Worth noting: the per-turn figure is total time, and felt latency is not the same as measured latency. What you feel first is time to first token. The spec sheet has Mistral slower to the first word, but we never felt it: a median Mistral turn finished in less time than the spec sheet's quoted time to first token. Take published latency numbers as a starting point, not an answer.
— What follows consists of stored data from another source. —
-- ===== src/Tests/Stubs.antt =====
-- Stubs: one made, one run, on both targets.
use liblink.Base.{Each, ℕ, ◌+◌, ◌≡◌, ◌≢◌, refl, List, [], ◌∷◌, ◌++◌, arith, ok, some, exit_success}
use liblink.Memory.{Memory}
use liblink.Memory.Laws.{SameOutside}
use liblink.Types.{Section, Stub}
use liblink.Machine.Arm64 as Cpu64
use liblink.Machine.Arm as Cpu32
use liblink.Plt.{Made, find_stub, make_stub, free_stubs}
use liblink.Plt.Arm64.{arm64, make_stub_arm64}
use liblink.Plt.Arm64.Jump.{make_stub_arm64_jumps, make_stub_arm64-IsJump}
use liblink.Plt.Arm64.Jump as Jump64
use liblink.Plt.Arm.{make_stub_arm}
use liblink.Plt.Arm.Jump.{make_stub_arm_jumps}
use liblink.Plt.Trampoline.{arm64_trampoline}
use liblink.Plt.Chain.Place.{IsChain, extend, make_stub_lem, make_stub_overruns}
use liblink.Plt.Chain.Lookup.{find_stub-make_stub}
use liblink.Plt.Chain.Sequence.{make_stubs, make_stubs-find_stub}
use liblink.Plt.Chain.Free.{free_stubs_leaks}
use liblink.Tests.Data.{zeros, info, text, text-IsChain, far_stub}

make_stub_arm64_jumps_example :
    (c' : Cpu64.Cpu) × (Cpu64.run 5
        (make_stub_arm64 far_stub zeros).0
        (record { pc = 0x20008; x = λ q. q })
      ≡ some c')
    × (c'.pc ≡ 0x7f00000000)
    × ((q : ℕ) → q ≢ 16 → c'.x q ≡ q)
make_stub_arm64_jumps_example =
    make_stub_arm64_jumps far_stub zeros (record { pc = 0x20008; x = λ q. q }) refl (omega arith)
      (omega arith)

abbrev arm_stub : Stub
arm_stub = record { addr = 0x20008; target = 0x7f123454 }

make_stub_arm_jumps_example :
    (c' : Cpu32.Cpu) × (Cpu32.run 3
        (make_stub_arm arm_stub zeros).0
        (record { pc = 0x20008; r = λ q. q })
      ≡ some c')
    × (c'.pc ≡ 0x7f123454)
    × ((q : ℕ) → q ≢ 12 → c'.r q ≡ q)
make_stub_arm_jumps_example =
    make_stub_arm_jumps arm_stub zeros (record { pc = 0x20008; r = λ q. q }) refl (omega arith)
      (omega arith) refl

make_stub_lem_example :
    (made : Made) × (make_stub arm64 text 0x7f00000000 zeros ≡ ok made)
    × (made.status ≡ exit_success)
    × (made.addr ≡ 0x20008)
    × (made.section ≡ record text { info = extend arm64 arm64_trampoline info 0x7f00000000 })
    × Jump64.IsJump made.memory made.addr 0x7f00000000
    × SameOutside made.addr 20 zeros made.memory
    × IsChain arm64 arm64_trampoline made.memory made.section.info
make_stub_lem_example =
    make_stub_lem arm64 arm64_trampoline text 0x7f00000000 zeros
      (text-IsChain arm64 arm64_trampoline zeros) (omega arith, omega arith)

-- The section whose only stub is `far_stub`, and its memory.
abbrev one_stub : Section
one_stub = record text { info = record info { nstubs = 1; stubs = far_stub ∷ [] } }

abbrev one_memory : Memory
one_memory = (make_stub_arm64 far_stub zeros).0

one_stub-IsChain : IsChain arm64 arm64_trampoline one_memory one_stub.info
one_stub-IsChain = record {
  counted = refl;
  placed = (refl, make_stub_arm64-IsJump far_stub zeros, tt);
}

-- 20 bytes are reserved for the one stub of this section, which takes 0x20008 up to 0x2001c.
make_stub_overruns_example :
    (made : Made) × (make_stub arm64
        (record text { info = record info { stub_size = 20 } })
        0x7f00000000
        zeros
      ≡ ok made)
    × (made.addr + 20 ≡ 0x20000 + 20 + 8)
make_stub_overruns_example =
    make_stub_overruns arm64 arm64_trampoline
      (record text { info = record info { stub_size = 20 } }) 0x7f00000000 1 zeros
      (record { counted = refl; placed = tt }) (omega arith, omega arith) refl refl

make_stubs-find_stub_example :
    (section' : Section) × (m' : Memory) × (make_stubs arm64 text
        (0x7f00000000 ∷ 0x6f00000000 ∷ [])
        zeros
      ≡ ok (section', m'))
    × Each
        (λ b. (a : ℕ) × (find_stub section' b ≡ (a, exit_success)) × Jump64.IsJump m' a b)
        (0x7f00000000 ∷ 0x6f00000000 ∷ [])
    × ((b a : ℕ) → find_stub section' b ≡ (a, exit_success) → Jump64.IsJump m' a b)
    × SameOutside 0x20008 40 zeros m'
make_stubs-find_stub_example =
    make_stubs-find_stub arm64 arm64_trampoline text (0x7f00000000 ∷ 0x6f00000000 ∷ []) zeros refl
      refl (omega arith) (omega arith)

find_stub-make_stub_example :
    (made : Made) × (make_stub arm64 one_stub 0x6f00000000 one_memory ≡ ok made)
    × (find_stub made.section 0x6f00000000 ≡ (made.addr, exit_success))
    × ((b : ℕ) → b ≢ 0x6f00000000 → find_stub made.section b ≡ find_stub one_stub b)
find_stub-make_stub_example =
    find_stub-make_stub arm64 arm64_trampoline one_stub 0x6f00000000 one_memory one_stub-IsChain
      (omega arith, omega arith) (unfold find_stub in refl)

free_stubs_leaks_example :
    (freed : List Stub) × (last : Stub) × (free_stubs one_stub
      ≡ ok (record one_stub { info = record one_stub.info { stubs = []; nstubs = 0 } }, freed))
    × (freed ++ last ∷ [] ≡ far_stub ∷ [])
free_stubs_leaks_example = free_stubs_leaks one_stub (omega arith) (λ e. absurd (cc))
When it comes to cost, it is not as easy as reading the model card. Two other factors weigh in: caching and output tokens. Both Mistral and Anthropic price cached input at a tenth of the normal rate. The catch is that a cache only helps if it hits: Claude has been outstanding at this in our experience, while Mistral's, best-effort by its own docs, never gave us a single cached token when we tried it head-on. For onboarding the miss doesn't flip the result: caching only discounts input, Sonnet's bill is mostly its long replies, and Mistral lands about 30% cheaper per session even paying full price for every input token. If Mistral's cache ever starts delivering, that number only improves.
Where it stands
It turned out surprisingly well. On our own onboarding workload, a European model held its own with Claude on quality, came in at a lower cost, and answered with noticeably lower latency. For a job we run every day, that's a genuine option we didn't expect to have.
Almost as good, 4× faster, 30% cheaper, and it's European.
A note on Sonnet 5: Anthropic shipped it the same week we ran this, and we didn't rerun the eval against it. We compare against what actually runs onboarding today.